WHAT YOU SHOULD DO: Your task is to copy each line of the records that includes the string "Completion".

DATA FOR REVIEW:
===
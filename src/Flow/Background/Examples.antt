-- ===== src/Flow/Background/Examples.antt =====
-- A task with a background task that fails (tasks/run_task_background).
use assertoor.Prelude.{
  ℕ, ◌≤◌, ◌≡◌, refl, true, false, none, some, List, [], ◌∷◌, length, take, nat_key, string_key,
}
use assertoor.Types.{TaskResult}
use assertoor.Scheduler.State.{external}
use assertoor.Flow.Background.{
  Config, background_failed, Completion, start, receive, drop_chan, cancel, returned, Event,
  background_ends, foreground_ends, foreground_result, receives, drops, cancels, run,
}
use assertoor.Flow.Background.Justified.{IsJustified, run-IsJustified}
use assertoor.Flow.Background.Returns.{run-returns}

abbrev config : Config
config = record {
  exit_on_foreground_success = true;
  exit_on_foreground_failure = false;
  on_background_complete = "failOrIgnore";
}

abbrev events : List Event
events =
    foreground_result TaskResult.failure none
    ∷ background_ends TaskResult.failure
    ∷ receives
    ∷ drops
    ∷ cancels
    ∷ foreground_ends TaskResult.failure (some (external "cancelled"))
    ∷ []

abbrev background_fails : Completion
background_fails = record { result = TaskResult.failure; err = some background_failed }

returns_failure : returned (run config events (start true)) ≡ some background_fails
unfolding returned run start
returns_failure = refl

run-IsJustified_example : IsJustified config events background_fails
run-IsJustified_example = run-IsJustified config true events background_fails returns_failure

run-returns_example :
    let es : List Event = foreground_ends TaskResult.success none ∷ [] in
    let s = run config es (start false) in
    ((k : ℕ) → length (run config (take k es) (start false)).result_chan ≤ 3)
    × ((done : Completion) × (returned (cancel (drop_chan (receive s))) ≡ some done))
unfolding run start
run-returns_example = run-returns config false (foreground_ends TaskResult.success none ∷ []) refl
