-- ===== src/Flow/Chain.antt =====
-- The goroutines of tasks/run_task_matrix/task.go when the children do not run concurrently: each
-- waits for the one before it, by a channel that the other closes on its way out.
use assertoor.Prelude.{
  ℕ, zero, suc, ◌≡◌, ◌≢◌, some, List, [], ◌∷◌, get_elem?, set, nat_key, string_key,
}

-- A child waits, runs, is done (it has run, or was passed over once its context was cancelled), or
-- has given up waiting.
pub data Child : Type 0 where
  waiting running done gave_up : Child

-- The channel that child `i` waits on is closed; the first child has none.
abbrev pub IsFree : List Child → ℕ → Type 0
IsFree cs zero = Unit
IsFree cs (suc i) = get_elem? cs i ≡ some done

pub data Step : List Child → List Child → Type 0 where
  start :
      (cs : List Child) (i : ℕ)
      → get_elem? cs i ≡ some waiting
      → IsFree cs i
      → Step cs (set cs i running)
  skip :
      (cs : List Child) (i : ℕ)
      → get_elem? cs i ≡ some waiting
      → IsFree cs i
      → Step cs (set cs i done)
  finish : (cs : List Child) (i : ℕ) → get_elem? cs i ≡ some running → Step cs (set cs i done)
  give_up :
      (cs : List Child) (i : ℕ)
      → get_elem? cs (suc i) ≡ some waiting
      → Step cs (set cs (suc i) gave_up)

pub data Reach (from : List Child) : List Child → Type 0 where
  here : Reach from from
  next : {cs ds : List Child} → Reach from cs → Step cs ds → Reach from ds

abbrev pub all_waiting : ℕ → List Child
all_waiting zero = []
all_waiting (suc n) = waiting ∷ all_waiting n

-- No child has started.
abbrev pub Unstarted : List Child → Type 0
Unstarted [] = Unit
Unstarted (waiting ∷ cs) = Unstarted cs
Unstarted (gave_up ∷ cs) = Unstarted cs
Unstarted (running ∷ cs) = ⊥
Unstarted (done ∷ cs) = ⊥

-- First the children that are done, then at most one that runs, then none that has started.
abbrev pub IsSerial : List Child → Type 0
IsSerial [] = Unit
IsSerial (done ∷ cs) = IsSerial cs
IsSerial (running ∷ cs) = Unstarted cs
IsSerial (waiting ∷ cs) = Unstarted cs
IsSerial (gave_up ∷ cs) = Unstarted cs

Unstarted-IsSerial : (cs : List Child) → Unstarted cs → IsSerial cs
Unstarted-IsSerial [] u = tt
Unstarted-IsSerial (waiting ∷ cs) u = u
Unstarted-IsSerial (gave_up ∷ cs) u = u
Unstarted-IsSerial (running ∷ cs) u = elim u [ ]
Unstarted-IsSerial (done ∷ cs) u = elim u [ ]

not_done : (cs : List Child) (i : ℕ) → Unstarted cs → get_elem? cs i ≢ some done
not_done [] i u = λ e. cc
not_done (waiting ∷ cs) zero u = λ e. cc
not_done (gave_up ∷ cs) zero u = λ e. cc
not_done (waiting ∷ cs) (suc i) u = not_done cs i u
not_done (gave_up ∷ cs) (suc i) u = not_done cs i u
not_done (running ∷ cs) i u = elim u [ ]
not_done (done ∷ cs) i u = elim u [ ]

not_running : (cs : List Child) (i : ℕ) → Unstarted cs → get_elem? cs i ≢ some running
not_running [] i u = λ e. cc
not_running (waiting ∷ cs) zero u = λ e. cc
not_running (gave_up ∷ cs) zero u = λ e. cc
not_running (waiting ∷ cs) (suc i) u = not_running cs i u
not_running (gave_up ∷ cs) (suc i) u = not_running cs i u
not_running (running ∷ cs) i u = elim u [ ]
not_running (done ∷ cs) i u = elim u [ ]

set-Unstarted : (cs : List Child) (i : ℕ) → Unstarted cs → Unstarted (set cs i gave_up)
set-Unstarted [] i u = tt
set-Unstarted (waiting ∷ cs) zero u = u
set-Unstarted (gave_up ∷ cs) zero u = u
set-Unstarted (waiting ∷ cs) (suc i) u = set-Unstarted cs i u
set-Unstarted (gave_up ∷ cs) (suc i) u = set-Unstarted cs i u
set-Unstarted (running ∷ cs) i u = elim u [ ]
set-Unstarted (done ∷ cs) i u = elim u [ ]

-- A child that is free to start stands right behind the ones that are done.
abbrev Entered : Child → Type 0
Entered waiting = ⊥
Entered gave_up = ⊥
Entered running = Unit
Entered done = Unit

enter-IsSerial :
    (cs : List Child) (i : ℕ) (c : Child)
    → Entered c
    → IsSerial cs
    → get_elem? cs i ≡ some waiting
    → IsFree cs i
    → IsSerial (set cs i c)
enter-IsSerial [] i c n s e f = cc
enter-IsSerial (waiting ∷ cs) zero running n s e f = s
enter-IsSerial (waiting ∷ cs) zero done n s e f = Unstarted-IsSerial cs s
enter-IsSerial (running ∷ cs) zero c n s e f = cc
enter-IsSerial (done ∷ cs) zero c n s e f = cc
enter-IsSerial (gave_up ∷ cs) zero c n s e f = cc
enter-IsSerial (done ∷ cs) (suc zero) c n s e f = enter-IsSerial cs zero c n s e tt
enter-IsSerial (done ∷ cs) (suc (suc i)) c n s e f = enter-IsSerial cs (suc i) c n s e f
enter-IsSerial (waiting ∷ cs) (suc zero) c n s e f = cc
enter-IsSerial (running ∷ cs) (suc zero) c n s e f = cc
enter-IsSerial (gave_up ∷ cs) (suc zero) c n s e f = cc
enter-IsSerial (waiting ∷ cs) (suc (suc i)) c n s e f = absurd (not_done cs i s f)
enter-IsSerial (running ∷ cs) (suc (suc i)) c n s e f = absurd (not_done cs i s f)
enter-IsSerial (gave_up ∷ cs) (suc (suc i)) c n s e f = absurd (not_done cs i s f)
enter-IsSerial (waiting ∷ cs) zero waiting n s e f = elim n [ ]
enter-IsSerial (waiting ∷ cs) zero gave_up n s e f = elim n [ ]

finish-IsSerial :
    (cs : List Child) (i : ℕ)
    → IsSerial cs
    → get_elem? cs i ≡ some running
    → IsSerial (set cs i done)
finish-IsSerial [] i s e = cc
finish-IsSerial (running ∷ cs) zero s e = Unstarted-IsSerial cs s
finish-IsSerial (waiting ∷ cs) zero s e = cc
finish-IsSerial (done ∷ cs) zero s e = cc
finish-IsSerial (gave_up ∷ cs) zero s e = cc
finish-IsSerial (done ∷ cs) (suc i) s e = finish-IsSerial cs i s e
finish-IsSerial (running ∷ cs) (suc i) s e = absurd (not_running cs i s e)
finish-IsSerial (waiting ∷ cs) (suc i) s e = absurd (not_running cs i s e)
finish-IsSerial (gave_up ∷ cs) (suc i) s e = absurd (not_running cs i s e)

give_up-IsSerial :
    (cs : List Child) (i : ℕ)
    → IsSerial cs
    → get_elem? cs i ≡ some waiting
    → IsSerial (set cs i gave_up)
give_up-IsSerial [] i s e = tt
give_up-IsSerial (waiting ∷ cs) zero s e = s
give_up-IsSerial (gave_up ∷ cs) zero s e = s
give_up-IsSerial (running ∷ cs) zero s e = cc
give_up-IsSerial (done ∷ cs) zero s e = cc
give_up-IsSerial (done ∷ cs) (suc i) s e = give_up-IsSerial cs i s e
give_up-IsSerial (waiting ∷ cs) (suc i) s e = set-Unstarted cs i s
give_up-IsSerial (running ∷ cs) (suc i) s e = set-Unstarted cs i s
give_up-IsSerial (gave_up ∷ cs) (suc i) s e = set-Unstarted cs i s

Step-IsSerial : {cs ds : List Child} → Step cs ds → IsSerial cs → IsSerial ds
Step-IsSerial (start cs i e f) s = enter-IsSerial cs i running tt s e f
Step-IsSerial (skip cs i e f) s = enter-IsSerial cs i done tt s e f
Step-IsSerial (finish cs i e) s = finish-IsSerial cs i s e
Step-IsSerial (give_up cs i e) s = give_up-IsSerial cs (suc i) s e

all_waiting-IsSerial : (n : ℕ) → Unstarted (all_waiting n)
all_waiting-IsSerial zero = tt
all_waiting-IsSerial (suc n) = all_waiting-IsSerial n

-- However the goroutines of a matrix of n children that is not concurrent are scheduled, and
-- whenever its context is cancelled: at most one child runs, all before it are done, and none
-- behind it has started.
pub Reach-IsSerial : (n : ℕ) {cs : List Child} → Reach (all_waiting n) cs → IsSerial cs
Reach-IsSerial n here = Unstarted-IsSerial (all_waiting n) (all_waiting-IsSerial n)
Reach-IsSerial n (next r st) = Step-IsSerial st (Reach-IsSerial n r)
===
SOLUTION TO THIS TASK:
  Config, background_failed, Completion, start, receive, drop_chan, cancel, returned, Event,
abbrev background_fails : Completion
    × ((done : Completion) × (returned (cancel (drop_chan (receive s))) ≡ some done))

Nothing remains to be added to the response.